If a person has the idea, the nerve and the cash, Colorado Springs is not a bad place to start a small business.
In fact, Colorado Springs earned an A+ in a recent survey of business owners who gave the city high marks for not having a lot of red tape.
Experts who counsel small-business owners say there has been an uptick in the number of new small businesses, especially service businesses. Enrollment in Pikes Peak Library District business classes has doubled in the past year. And the Colorado Springs Regional Business Alliance celebrated 59 small-business ribbon cuttings last year, with 12 more already on the books in 2013.
“It’s a very easy process here when it comes to getting what you need,” said Heather Rickerl, who recently opened Springs Garage Cuts, a male hair salon, with her business partner Angel Landis.
The cosmetologists were working for a large chain salon and had been toying with the idea of opening their own shop. One day after a company meeting, they walked out and said: “Let’s do it.”
That was June.

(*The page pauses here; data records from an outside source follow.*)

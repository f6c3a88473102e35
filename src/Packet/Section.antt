-- ===== src/Packet/Section.antt =====
-- One section of a message: what the printer's loop appends, item by item, and that `parse` reads it
-- back in the message.
use ddns.Prelude.{ℕ, suc, ◌+◌, ◌*◌, ◌≤◌, ◌≡◌, refl, arith, List, [], ◌∷◌, ◌++◌, All, subst}
use ddns.Prelude.{append_assoc, append-nil, length, length-append}
use ddns.Bytes.{IResult, ok}
use ddns.Name.{NameCompression}
use ddns.Name.Table.{IsTable}
use ddns.Packet.Defs.{parse}

abbrev pub Item : Type 0 → Type 0
Item T = ℕ → T → NameCompression → List ℕ × NameCompression

unfoldable pub section_bytes :
    {T : Type 0} → Item T → ℕ → List T → NameCompression → List ℕ × NameCompression
section_bytes item n [] ctx = ([], ctx)
section_bytes item n (x ∷ xs) ctx =
    let (bytes, table) = item n x ctx in
    let (rest, last) = section_bytes item (n + length bytes) xs table in (bytes ++ rest, last)

more_items : (n k : ℕ) → suc n * k ≡ k + n * k
more_items n k = grind arith

-- What is proved of an item's bytes: a least length, that the table stays true, and that the parser
-- reads the item.
pub record Reads {T : Type 0} (parser : List ℕ → List ℕ → IResult T) (item : Item T) (least : ℕ)
    (x : T) : Type 0 where
  pub size :
      (buf : List ℕ) (ctx : NameCompression)
      → IsTable buf ctx
      → least ≤ length (item (length buf) x ctx).0
  pub true_table :
      (buf : List ℕ) (ctx : NameCompression)
      → IsTable buf ctx
      → IsTable (buf ++ (item (length buf) x ctx).0) (item (length buf) x ctx).1
  pub reads :
      (buf : List ℕ) (ctx : NameCompression)
      → IsTable buf ctx
      → (after more : List ℕ)
      → (let bytes = (item (length buf) x ctx).0 in
          parser (bytes ++ after) (buf ++ (bytes ++ more)) ≡ ok (after, x))

module _ {T : Type 0} (parser : List ℕ → List ℕ → IResult T) (item : Item T) (least : ℕ) where
  parse_step :
      (n : ℕ) {input origin rest after : List ℕ} {x : T} {xs : List T}
      → parser input origin ≡ ok (rest, x)
      → parse parser n rest origin ≡ (after, xs)
      → parse parser (suc n) input origin ≡ (after, x ∷ xs)
  unfolding parse
  parse_step n one others = rw (parse, one, others)

  parse_item :
      (buf bytes rest after more : List ℕ) (n : ℕ) (x : T) (xs : List T)
      → parser (bytes ++ (rest ++ after)) (buf ++ (bytes ++ (rest ++ more))) ≡ ok (rest ++ after, x)
      → parse parser n (rest ++ after) (buf ++ bytes ++ (rest ++ more)) ≡ (after, xs)
      → parse parser (suc n) ((bytes ++ rest) ++ after) (buf ++ ((bytes ++ rest) ++ more))
        ≡ (after, x ∷ xs)
  parse_item buf bytes rest after more n x xs one others =
      simp append_assoc (parse_step n one (simp append_assoc at others))

  -- The same of a whole section, in a buffer of a length that is known otherwise.
  pub record SectionReads (buf : List ℕ) (xs : List T) (written : List ℕ × NameCompression)
      : Type 0 where
    pub size : length xs * least ≤ length written.0
    pub true_table : IsTable (buf ++ written.0) written.1
    pub reads :
        (after more : List ℕ)
        → parse parser (length xs) (written.0 ++ after) (buf ++ (written.0 ++ more)) ≡ (after, xs)

  pub section_bytes-SectionReads :
      (buf : List ℕ) (xs : List T) (ctx : NameCompression)
      → All (Reads parser item least) xs
      → IsTable buf ctx
      → SectionReads buf xs (section_bytes item (length buf) xs ctx)
  unfolding section_bytes parse
  section_bytes-SectionReads buf [] ctx h table = record {
    size = omega arith;
    true_table = rw (append-nil buf) table;
    reads = λ after more. refl;
  }
  section_bytes-SectionReads buf (x ∷ xs) ctx (h, hs) table =
      let bytes = (item (length buf) x ctx).0 in
      let ctx' = (item (length buf) x ctx).1 in
      let rest : SectionReads (buf ++ bytes) xs
          (section_bytes item (length buf + length bytes) xs ctx') =
        rw (← length-append buf bytes)
          (section_bytes-SectionReads (buf ++ bytes) xs ctx' hs (h.true_table buf ctx table)) in
      record {
        size = omega (
          arith,
          more_items (length xs) least,
          length-append bytes (section_bytes item (length buf + length bytes) xs ctx').0,
          h.size buf ctx table,
          rest.size,
        );
        true_table =
            let true_of = rest.true_table in
            subst (λ b. IsTable b (section_bytes item (length buf + length bytes) xs ctx').1)
              (append_assoc buf bytes (section_bytes item (length buf + length bytes) xs ctx').0)
              true_of;
        reads = λ after more.
            parse_item buf bytes _ after more (length xs) x xs (h.reads buf ctx table _ _)
              (rest.reads after more);
      }
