-- ===== src/Packet/Sections.antt =====
-- What makes a message well formed, and the sections of such a message one by one.
use ddns.Prelude.{ℕ, ◌+◌, ◌*◌, ◌≤◌, ◌≡◌, arith, List, [], ◌∷◌, ◌++◌, All}
use ddns.Prelude.{append_assoc, append-nil, length, length-append, Option, some}
use ddns.Bytes.{ok}
use ddns.Bytes.Standard.{standard}
use ddns.Name.{NameCompression}
use ddns.Name.Text.{IsName}
use ddns.Name.Table.{IsTable}
use ddns.Header.{Header, IsHeader}
use ddns.Question.Defs.{Question, be_question}
use ddns.Question.RoundTrip.{
  question_bytes, put_question-bytes, be_question-bytes, question_bytes-IsTable,
  question_bytes_size,
}
use ddns.Record.Defs.{ResourceRecord, be_record}
use ddns.Record.RoundTrip.{
  IsRecord, record_bytes, put_record-bytes, be_record-bytes, record_bytes-IsTable,
  record_bytes_size,
}
use ddns.Packet.Defs.{Packet, put_questions, put_records, validate_section_counts, minimum_wire_len}
use ddns.Packet.Section.{section_bytes, Reads}

pub question-Reads :
    (q : Question) → IsName q.name → Reads (be_question standard) question_bytes 5 q
question-Reads q named = record {
  size = λ buf ctx table. question_bytes_size buf q ctx named table;
  true_table = λ buf ctx table. question_bytes-IsTable buf q ctx named table;
  reads = λ buf ctx table. be_question-bytes buf q ctx named table;
}

pub record-Reads :
    (try_sequence : ℕ → Option ℕ) (r : ResourceRecord)
    → IsRecord try_sequence r
    → Reads (be_record standard try_sequence) record_bytes 11 r
record-Reads try_sequence r valid = record {
  size = λ buf ctx table. record_bytes_size buf r ctx valid table;
  true_table = λ buf ctx table. record_bytes-IsTable buf r ctx valid table;
  reads = λ buf ctx table. be_record-bytes buf r ctx valid table;
}

pub put_questions-bytes :
    (buf : List ℕ) (qs : List Question) (ctx : NameCompression)
    → put_questions standard buf qs ctx ≡ (
        let (bytes, table) = section_bytes question_bytes (length buf) qs ctx in
        (buf ++ bytes, table))
unfolding put_questions section_bytes
put_questions-bytes buf [] ctx = rw (append-nil buf)
put_questions-bytes buf (q ∷ qs) ctx =
    let bytes = (question_bytes (length buf) q ctx).0 in
    rw
      (
        put_questions,
        put_question-bytes buf q ctx,
        put_questions-bytes (buf ++ bytes) qs (question_bytes (length buf) q ctx).1,
        length-append buf bytes,
      )
      (simp append_assoc)

module _ (try_sequence : ℕ → Option ℕ) where
  pub put_records-bytes :
      (buf : List ℕ) (rs : List ResourceRecord) (ctx : NameCompression)
      → All (IsRecord try_sequence) rs
      → IsTable buf ctx
      → put_records standard buf rs ctx ≡ (
          let (bytes, table) = section_bytes record_bytes (length buf) rs ctx in
          some (buf ++ bytes, table))
  unfolding put_records section_bytes
  put_records-bytes buf [] ctx h table = rw (append-nil buf)
  put_records-bytes buf (r ∷ rs) ctx (h, hs) table =
      let bytes = (record_bytes (length buf) r ctx).0 in
      rw
        (
          put_records,
          put_record-bytes buf r ctx h table,
          put_records-bytes (buf ++ bytes) rs (record_bytes (length buf) r ctx).1 hs
              (record_bytes-IsTable buf r ctx h table),
          length-append buf bytes,
        )
        (simp append_assoc)

-- A message whose header fits and counts what is there, and whose questions and records can be written.
pub record IsPacket (try_sequence : ℕ → Option ℕ) (p : Packet) : Type 0 where
  pub header_fits : IsHeader p.header
  pub questions_counted : p.header.questions_count ≡ length p.questions
  pub answers_counted : p.header.answers_count ≡ length p.answers
  pub nameservers_counted : p.header.nameservers_count ≡ length p.nameservers
  pub additional_counted : p.header.additional_count ≡ length p.additional
  pub questions_named : All (λ q. IsName q.name) p.questions
  pub answers_fit : All (IsRecord try_sequence) p.answers
  pub nameservers_fit : All (IsRecord try_sequence) p.nameservers
  pub additional_fit : All (IsRecord try_sequence) p.additional

pub All-map :
    {T : Type 0} {P Q : T → Type 0} → ((x : T) → P x → Q x) → (xs : List T) → All P xs → All Q xs
All-map f [] h = tt
All-map f (x ∷ xs) (h, hs) = (f x h, All-map f xs hs)

pub counts_enough :
    (h : Header) (input : List ℕ)
    → IsHeader h
    → h.questions_count * 5
        + (h.answers_count * 11 + (h.nameservers_count * 11 + h.additional_count * 11))
      ≤ length input
    → validate_section_counts input h ≡ ok (input, tt)
unfolding validate_section_counts minimum_wire_len
counts_enough h input valid enough =
    let a = valid.questions_fit in
    let b = valid.answers_fit in
    let c = valid.nameservers_fit in let d = valid.additional_fit in ground arith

In two months they found a location, got the proper licenses, remodeled the 850-square-foot shop at 23 E. Kiowa St. and opened for business. It’s a sweet spot to cater to the downtown businessmen, Rickerl said.
“I was excited and nervous,” she said. “And six months later, I’m still excited and nervous. I’ve got a mortgage and a car payment and I’ve always made a pretty good income. But, we thought if we don’t do it, we won’t find out if we can.”
Starting a small business in the Springs might be hassle-free as far as the regulations go, but it still is risky, experts say, and careful planning is the key to survival.
The way Colorado Springs Small Business Development Center consultant Steve Inke sees it, there are five things an enterprising small business owner needs to be successful: access to capital, business acumen, energy, industry knowledge — and a great idea.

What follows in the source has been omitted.